In fact, this yields a periodic sound with period 100 samples, and at a sample rate of 44100 cycles / second, this has a frequency of 441hz (which is very close to the 440hz concert A we've been listening to). We saw im class that when we decrease the number by which we're dividing to get the remaider, the period decreases (the waves get closer together), and the pitch goes up. Conversely, when the number goes up and the period goes up, the frequency also goes down.
np.mod(np.arange(50), 5)
array([0, 1, 2, 3, 4, 0, 1, 2, 3, 4, 0, 1, 2, 3, 4, 0, 1, 2, 3, 4, 0, 1, 2, 3, 4, 0, 1, 2, 3, 4, 0, 1, 2, 3, 4, 0, 1, 2, 3, 4, 0, 1, 2, 3, 4, 0, 1, 2, 3, 4])
# Show sawtooth wave
fs = 44100
t = np.arange(fs)
x = np.mod(t, 100)
plt.plot(x[0:1000])
ipd.Audio(x, rate=fs)
We now start to use the fact that multiple sounds can play directly on top of each other to simulate echoes. We start by manually slicing out part of the "happy birthday" sound and playing it back slightly later. This leads to the echo effect
fs, x = wavfile.read("happybirthday.wav")
ipd.Audio(x, rate=fs)
y = np.array(x) # Copy over x
delay = int(fs/4)
y[delay::] = y[delay::] + y[0:-delay]
ipd.Audio(y, rate=fs)
However, it can get quite tedious to add more echoes if we have to keep doing these slices. Instead, there's an operation called convolution which can accomplish this for us. Basically, convolution is an echo simulator. Given an array x that contains a sound and an array h which contains how much echo is coming back at any particular time, the convolution of x and h will properly superimpose the echoes of x according to h. The animation below shows this process
So let's now create an echo signal h that has a pulse every 6000 samples, and we will "convolve" (take the convolution) of that with x. In the result, we will now hear many echoes of "happy birthday" on top of each other. In the code below, try messing with the slice when constructing h to try different numbers and spacings of the pulses
h = np.zeros(fs)
## Impulse response that we create by
## setting every 6000th sample to 1
h[0::4000] = 1
plt.plot(h)
plt.title("h (Echo signal)")
y = np.convolve(x, h)
ipd.Audio(y, rate=fs)
There's an interesting minor variation we can do of this if we convolve with a signal that has ones everywhere. This can be viewed as a kind of averaging over time, and it has the effect of a "lowpass filter," or deadening the sound a bit.
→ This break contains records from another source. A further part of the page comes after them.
-- ===== src/Examples/Chassis.antt =====
-- One LLDP neighbor on eth0, and none.
use for_visibility.Prelude.{◌≡◌, refl, Option, some, [], ◌∷◌, All}
use for_visibility.Prelude.Assoc.{lookup, insert}
use for_visibility.Text.{Bytes, text, bytes_beq, bytes_eq}
use for_visibility.Gnmi.{cache_update, elems_path}
use for_visibility.Lldp.Values.{Fields, no_fields, field, obj, str, has}
use for_visibility.Lldp.{Lldp, LldpNbr, lldp_elems, parse_lldp, nbr_update, reconcile}
use for_visibility.Lldp.Race.{Phase, System, Reach, Reach-stale}
use for_visibility.Lldp.Remembered.{chassis_of, Handled, reconcile-seen}

abbrev pub shown : Option Fields
shown = some (
    field (text "lldp")
      (obj (
        field (text "interface")
          (obj (
            field (text "eth0")
              (obj (
                field (text "chassis")
                  (obj (
                    field (text "id") (obj (field (text "value") (str (text "mac1")) no_fields))
                      no_fields))
                  no_fields))
              no_fields))
          no_fields))
      no_fields)

abbrev pub chassis : LldpNbr
chassis = record {
  ifname = text "eth0";
  chassis_id = text "mac1";
  port_id = [];
  sys_name = [];
  sys_descr = [];
  mgmt_ip = [];
}

Reach-stale_example :
    (s : System) × Reach s
    × (s.ticker ≡ Phase.idle)
    × (s.watcher ≡ Phase.idle)
    × (s.shared.out ≡ some no_fields)
    × (s.shared.seen ≡ [])
    × (s.shared.calls
        ≡ nbr_update (text "eth0") chassis
          ∷ cache_update
              (text "openconfig")
              []
              (elems_path (lldp_elems (text "eth0") (text "mac1") []) ∷ [])
          ∷ nbr_update (text "eth0") chassis
          ∷ [])
    × ((reconcile (record { seen = s.shared.seen }) (some (some no_fields))).1 ≡ [])
unfolding parse_lldp bytes_beq text insert has
Reach-stale_example = Reach-stale shown (some no_fields) (text "eth0") chassis refl refl refl

-- eth1 had a neighbor before
abbrev before : Lldp
before = record { seen = (text "eth1", text "mac0") ∷ [] }

reconcile-seen_example :
    ((ifn : Bytes)
      → lookup ifn (reconcile before (some shown)).0.seen
        ≡ chassis_of (lookup ifn (parse_lldp shown)))
    × All
        (Handled (reconcile before (some shown)).1 (reconcile before (some shown)).0.seen)
        before.seen
reconcile-seen_example = reconcile-seen before shown
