-- ===== src/Ospf/Reconcile.antt =====
-- What the OSPF ingester remembers after a snapshot.
use for_visibility.Prelude.{
  ◌≡◌, refl, ap, ◌∙◌, inl, inr, true, false, Option, none, some, [], ◌∷◌, arith, Option-cases,
}
use for_visibility.Prelude.Assoc.{Map, lookup, insert, remove, lookup-insert, lookup-remove}
use for_visibility.Text.{Bytes, bytes_beq_iff, bytes_eq}
use for_visibility.Ospf.{
  Ospf, OspfNbr, adj_state, report, is_some, drop_gone, reconcile, reconcile_with, Neighbors,
  parse_ospf_nbrs,
}

-- No router id stands twice in the snapshot: it is a Go map.
abbrev pub Distinct : Map Bytes OspfNbr → Type 0
Distinct [] = Unit
Distinct ((rid, n) ∷ cur) = (lookup rid cur ≡ none) × Distinct cur

-- The two maps of the ingester have the same keys.
abbrev pub IsSynced : Ospf → Type 0
IsSynced o = (rid : Bytes) → lookup rid o.seen ≡ none → lookup rid o.st ≡ none

abbrev pub iface_of : Option OspfNbr → Option Bytes
iface_of none = none
iface_of (some n) = some n.iface

abbrev pub state_of : Option OspfNbr → Option Bytes
state_of none = none
state_of (some n) = some (adj_state n.state)

-- `a`, or `b` when there is none
abbrev pub or_else : Option Bytes → Option Bytes → Option Bytes
or_else none b = b
or_else (some a) b = some a

or_else-absent : (a : Option Bytes) → or_else a none ≡ a
or_else-absent none = refl
or_else-absent (some a) = refl

module _ (rid : Bytes) where
  report-seen :
      (seen st : Map Bytes Bytes) (cur : Map Bytes OspfNbr)
      → Distinct cur
      → lookup rid (report seen st cur).0.0 ≡ or_else (iface_of (lookup rid cur)) (lookup rid seen)
  unfolding report lookup
  report-seen seen st [] d = refl
  report-seen seen st ((j, n) ∷ cur) (fresh, d) =
      report-seen (insert j n.iface seen) (insert j (adj_state n.state) st) cur d
      ∙ ground (arith, fresh, bytes_beq_iff j rid, lookup-insert rid j n.iface seen)

  report-st :
      (seen st : Map Bytes Bytes) (cur : Map Bytes OspfNbr)
      → Distinct cur
      → lookup rid (report seen st cur).0.1 ≡ or_else (state_of (lookup rid cur)) (lookup rid st)
  unfolding report lookup
  report-st seen st [] d = refl
  report-st seen st ((j, n) ∷ cur) (fresh, d) =
      report-st (insert j n.iface seen) (insert j (adj_state n.state) st) cur d
      ∙ ground (arith, fresh, bytes_beq_iff j rid, lookup-insert rid j (adj_state n.state) st)

  drop_gone-present :
      (seen st old : Map Bytes Bytes)
      → is_some (lookup rid seen) ≡ true
      → lookup rid (drop_gone seen st old).0 ≡ lookup rid st
  unfolding drop_gone
  drop_gone-present seen st [] h = refl
  drop_gone-present seen st ((j, iface) ∷ old) h = ground (
    arith,
    bytes_beq_iff j rid,
    lookup-remove rid j st,
    drop_gone-present seen st old h,
    drop_gone-present seen (remove j st) old h,
  )

  drop_gone-absent :
      (seen st old : Map Bytes Bytes)
      → lookup rid st ≡ none
      → lookup rid (drop_gone seen st old).0 ≡ none
  unfolding drop_gone
  drop_gone-absent seen st [] h = h
  drop_gone-absent seen st ((j, iface) ∷ old) h = ground (
    arith,
    lookup-remove rid j st,
    drop_gone-absent seen st old,
    drop_gone-absent seen (remove j st) old,
  )

  drop_gone-gone :
      (seen st old : Map Bytes Bytes)
      → is_some (lookup rid seen) ≡ false
      → is_some (lookup rid old) ≡ true
      → lookup rid (drop_gone seen st old).0 ≡ none
  unfolding drop_gone lookup
  drop_gone-gone seen st [] gone h = ground arith
  drop_gone-gone seen st ((j, iface) ∷ old) gone h = ground (
    arith,
    bytes_beq_iff j rid,
    lookup-remove rid j st,
    drop_gone-absent seen (remove j st) old,
    drop_gone-gone seen st old gone,
    drop_gone-gone seen (remove j st) old gone,
    ap (λ k. is_some (lookup k seen)) {x = j} {y = rid},
  )

-- what `reconcile_with` leaves of the state of one neighbor
drop_gone-report :
    (rid : Bytes) (o : Ospf) (seen st : Map Bytes Bytes) (now : Option OspfNbr)
    → (lookup rid o.seen ≡ none → lookup rid o.st ≡ none)
    → lookup rid seen ≡ iface_of now
    → lookup rid st ≡ or_else (state_of now) (lookup rid o.st)
    → lookup rid (drop_gone seen st o.seen).0 ≡ state_of now
drop_gone-report rid o seen st none synced here was = elim (Option-cases (lookup rid o.seen)) [
  | inl never ↦ drop_gone-absent rid seen st o.seen (was ∙ synced never)
  | inr (iface, e) ↦ drop_gone-gone rid seen st o.seen (ap is_some here) (ap is_some e)
]
drop_gone-report rid o seen st (some n) synced here was =
    drop_gone-present rid seen st o.seen (ap is_some here) ∙ was

pub report_new-seen :
    (rid : Bytes) (st : Map Bytes Bytes) (cur : Map Bytes OspfNbr)
    → Distinct cur
    → lookup rid (report [] st cur).0.0 ≡ iface_of (lookup rid cur)
report_new-seen rid st cur distinct =
    report-seen rid [] st cur distinct ∙ unfold lookup in or_else-absent (iface_of (lookup rid cur))

both-none :
    {a b : Option Bytes} (now : Option OspfNbr)
    → a ≡ iface_of now
    → b ≡ state_of now
    → a ≡ none
    → b ≡ none
both-none none _ st_none _ = st_none
both-none (some n) seen_some _ seen_none = ground (arith, seen_some, seen_none)

module _ (o : Ospf) (cur : Map Bytes OspfNbr) (rid : Bytes) where
  abbrev pub Remembers : Ospf → Type 0
  Remembers o' =
      (lookup rid o'.seen ≡ iface_of (lookup rid cur))
      × (lookup rid o'.st ≡ state_of (lookup rid cur))
      × (lookup rid o'.seen ≡ none → lookup rid o'.st ≡ none)

  reconcile_with-snapshot :
      (lookup rid o.seen ≡ none → lookup rid o.st ≡ none)
      → Distinct cur
      → Remembers (reconcile_with o cur).0
  unfolding reconcile_with
  reconcile_with-snapshot synced distinct =
      (seen_now, st_now, both-none (lookup rid cur) seen_now st_now)
    where
      seen_now : lookup rid (report [] o.st cur).0.0 ≡ iface_of (lookup rid cur)
      seen_now = report_new-seen rid o.st cur distinct

      st_now :
          lookup rid (drop_gone (report [] o.st cur).0.0 (report [] o.st cur).0.1 o.seen).0
          ≡ state_of (lookup rid cur)
      st_now =
          drop_gone-report rid o _ _ (lookup rid cur) synced seen_now
            (report-st rid [] o.st cur distinct)

-- After a snapshot the ingester remembers exactly the neighbors that the snapshot shows, each with
-- its interface and its adjacency state, whatever it remembered before; and its two maps have the
-- same keys again, as the theorem assumes of them before. The snapshot is a map: no router id twice.
pub reconcile-snapshot :
    (o : Ospf) (out : Option Neighbors)
    → IsSynced o
    → Distinct (parse_ospf_nbrs out)
    → (rid : Bytes)
    → let o' = (reconcile o (some out)).0 in
      (lookup rid o'.seen ≡ iface_of (lookup rid (parse_ospf_nbrs out)))
      × (lookup rid o'.st ≡ state_of (lookup rid (parse_ospf_nbrs out)))
      × (lookup rid o'.seen ≡ none → lookup rid o'.st ≡ none)
unfolding reconcile
reconcile-snapshot o out synced distinct rid =
    reconcile_with-snapshot o (parse_ospf_nbrs out) rid (synced rid) distinct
## Show basic lowpass filter
h = np.ones(4000)
y = np.convolve(x, h, 'valid')
ipd.Audio(y, rate=fs)
The h we made above with a periodic "pulse train" with equal lengths between pulses is a case of what's known of as a "comb filter" (since the echo signal looks like a comb), and it has some remarkable properties. To get an idea of its capabilities, we start with an array in which every element is drawn from a Gaussian random distribution, which sounds just like "static"
fs = 44100
x = np.random.randn(fs*3)
plt.plot(x[0:1000])
ipd.Audio(x, rate=fs)
fs = 44100
x = np.random.randn(fs*3)
h = np.ones(1000)
y = np.convolve(x, h)
plt.plot(y[0:1000])
ipd.Audio(y, rate=fs)
Amazingly, when we then take this completely random signal and use convolution to simulate its echoes taking place every 100 samples, we get our concert A again! And the more echoes we add, the clearer the A sound becomes (you can change this by changing the length of h, which will influence how many evenly spaced echoes with 100 samples in between them can be placed there). Even when plotting 500 samples pulled out of the signal, the periodicity becomes visible. So comb filters are able to "shape noise" into a particular pitch that sounds quite ritch compared to a pure sinusoid
fs = 44100
x = np.random.randn(fs)
h = np.zeros(fs)
h[0::75] = 1 ## Impulse response
y = np.convolve(x, h)
plt.subplot(2, 1, 1)
plt.plot(h[0:1000])
plt.subplot(2, 1, 2)
plt.plot(y[fs:fs+500])
ipd.Audio(y, rate=fs)
We're now going to use a tool that shows a different view of our audio by showing us the frequency content of the audio. We will generate plots that show us how strong different sinusoids are in our signal. This is also known as a "Fourier Magnitude" plot. Run the block below to initialize a function which does this
def plot_fourier_mag(x, fs):
"""
Given audio samples and the sample rate, plot
the magnitude of the Fourier transform of x with
the appropriate frequency labels
Parameters
----------
x: ndarray(N)
The audio samples
fs: int
The sample rate in hz
"""
xft = np.abs(np.fft.fft(x))
freqs = np.fft.fftfreq(len(x), 1/fs)
plt.plot(freqs[freqs > 0], xft[freqs > 0])
plt.xlabel("Frequency")
plt.ylabel("Magnitude")
return xft
Now, we add three sinusoids together to create a major triad chord, and we see that there are three peaks in the Fourier magnitude plot corresponding to these three frequencies
## TODO: Add another frequency,
t = np.arange(fs)
freq = 440
fs = 44100
seconds = 1
freq2 = 440*2**(7/12)
freq3 = 440*2**(4/12)
# Generate array with seconds*sample_rate steps, ranging between 0 and seconds
t = np.linspace(0, seconds, seconds * fs, False)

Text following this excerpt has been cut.